■ **Exercise**:
Search the material below for the word "PyObject". Copy every line where it is found.

+===+

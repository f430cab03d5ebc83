-- ===== src/SystemAlerts/Examples.antt =====
-- Concrete runs of the alert system, and the theorems about it at concrete inputs.
use animacharacter_dev_src.Prelude.{
  ◌≡◌, refl, String, pos, negsuc, ℤ-discrete, int_key, none, some, List, [], ◌∷◌, ok, raised,
  value_error, true, ◌^◌, ◌-◌, ◌⊎◌, if◌then◌else◌, not, ◌&&◌,
}
use animacharacter_dev_src.Prelude.Ticks.{Ticks, finite, infinite, ticks_float, eq_ticks_sound}
use animacharacter_dev_src.Prelude.Dict.{get, put, remove}
use animacharacter_dev_src.SystemAlerts.Alert.{
  Alert, PyObject, Conversions, py_str, level_warn, raise, alert_eq, to_dict, from_dict,
  from_dict-to_dict,
}
use animacharacter_dev_src.SystemAlerts.Transport.{
  build_message, from_ros_alert, to_ros_alert, to_int32, fits_int32, Fits,
}
use animacharacter_dev_src.SystemAlerts.Client.{empty_client, default_ttl}
use animacharacter_dev_src.SystemAlerts.Server.{
  Server, Input, requested, raised_locally, timer, empty_server, serve, serve_all, raise_alert,
  apply_change, announce, clear_alert, is_expired, expired_alerts, clear_all, expire_alerts,
}
use animacharacter_dev_src.SystemAlerts.Server.Mirror.{IsMirrored, client_mirrors_server}
use animacharacter_dev_src.SystemAlerts.Server.Mirror.Handling.{handle_all}
use animacharacter_dev_src.SystemAlerts.Server.Expiry.{
  IsWellFormed, serve_all-IsWellFormed, expire_alerts_exact,
}

abbrev low_battery : Alert Ticks
low_battery = record {
  level = level_warn;
  src = "body";
  code = pos 160;
  ttl = finite 5;
  subcode = negsuc 0;
  brief = "low battery";
  description = "";
}

abbrev inputs : List (Ticks × Input Ticks)
inputs =
    (finite 10, requested (build_message raise low_battery))
    ∷ (finite 12, raised_locally low_battery)
    ∷ (finite 13, timer)
    ∷ []

low_battery-Fits : Fits low_battery
unfolding fits_int32
low_battery-Fits = record { level_fits = refl; code_fits = refl; subcode_fits = refl }

low_battery_sent-Fits : Fits (from_ros_alert (build_message raise low_battery).alert)
unfolding fits_int32 build_message to_int32 from_ros_alert
low_battery_sent-Fits = record { level_fits = refl; code_fits = refl; subcode_fits = refl }

-- A code of 2 ^ 31 is published as -2 ^ 31.
code_wraps : (to_ros_alert (record low_battery { code = pos (2 ^ 31) })).code ≡ negsuc (2 ^ 31 - 1)
unfolding to_ros_alert to_int32
code_wraps = refl

eq_ticks_trans :
    (x y z : Ticks)
    → ticks_float.eq_f x y ≡ true
    → ticks_float.eq_f y z ≡ true
    → ticks_float.eq_f x z ≡ true
eq_ticks_trans x y z h k = rw (eq_ticks_sound x y h) k

empty-IsMirrored : IsMirrored empty_client (empty_server {F = Ticks})
unfolding handle_all
empty-IsMirrored = record { client = empty_client; handled = refl; same_table = tt }

empty-IsWellFormed : IsWellFormed (empty_server {F = Ticks})
unfolding get
empty-IsWellFormed = record { unique = tt; keyed = tt; timed = λ k. refl }

client_mirrors_server_example : IsMirrored empty_client (serve_all inputs empty_server)
client_mirrors_server_example =
    client_mirrors_server eq_ticks_trans inputs empty_client empty_server
      (low_battery_sent-Fits, (low_battery-Fits, (tt, tt))) tt empty-IsMirrored

serve_all-IsWellFormed_example : IsWellFormed (serve_all inputs empty_server)
serve_all-IsWellFormed_example = serve_all-IsWellFormed inputs empty_server empty-IsWellFormed

abbrev raised_at_ten : Server Ticks
raised_at_ten = (apply_change (finite 10) raise low_battery empty_server).0

-- The alert expires five ticks after it was raised, and not after four.
expires_on_time :
    (get (expire_alerts (finite 15) raised_at_ten).active_alerts (pos 160) ≡ none)
    × (get (expire_alerts (finite 14) raised_at_ten).active_alerts (pos 160) ≡ some low_battery)
unfolding expire_alerts apply_change get put remove alert_eq announce expired_alerts is_expired
    clear_all clear_alert ℤ-discrete
expires_on_time = (refl, refl)

expire_alerts_exact_example :
    ((get raised_at_ten.active_alerts (pos 160) ≡ none)
      × (get (expire_alerts (finite 15) raised_at_ten).active_alerts (pos 160) ≡ none))
    ⊎ ((a : Alert Ticks) × (started : Ticks) × (get raised_at_ten.active_alerts (pos 160) ≡ some a)
        × (get raised_at_ten.alert_started_at (pos 160) ≡ some started)
        × (get (expire_alerts (finite 15) raised_at_ten).active_alerts (pos 160) ≡ (
            if not (ticks_float.eq_f a.ttl infinite)
              && ticks_float.le_f a.ttl (ticks_float.sub_f (finite 15) started)
            then none
            else some a)))
unfolding serve_all serve raise_alert
expire_alerts_exact_example = expire_alerts_exact (finite 15) (pos 160) raised_at_ten (
    serve_all-IsWellFormed ((finite 10, raised_locally low_battery) ∷ []) empty_server
      empty-IsWellFormed)

abbrev show_text : PyObject Ticks → String
show_text (py_str s) = s
show_text _ = "?"

instance abbrev no_parsing : Conversions Ticks
no_parsing = record {
  int_of_float = λ x. raised value_error;
  int_of_str = λ s. raised value_error;
  float_of_int = λ n. raised value_error;
  float_of_str = λ s. raised value_error;
  str_of = show_text;
}

from_dict-to_dict_example : from_dict (to_dict low_battery) ≡ ok low_battery
from_dict-to_dict_example = from_dict-to_dict (λ s. refl) low_battery

no_default_for_warnings : default_ttl {F = Ticks} none level_warn ≡ raised value_error
unfolding default_ttl ℤ-discrete
no_default_for_warnings = refl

+===+

■ **Result for this task**:
  Alert, PyObject, Conversions, py_str, level_warn, raise, alert_eq, to_dict, from_dict,
abbrev show_text : PyObject Ticks → String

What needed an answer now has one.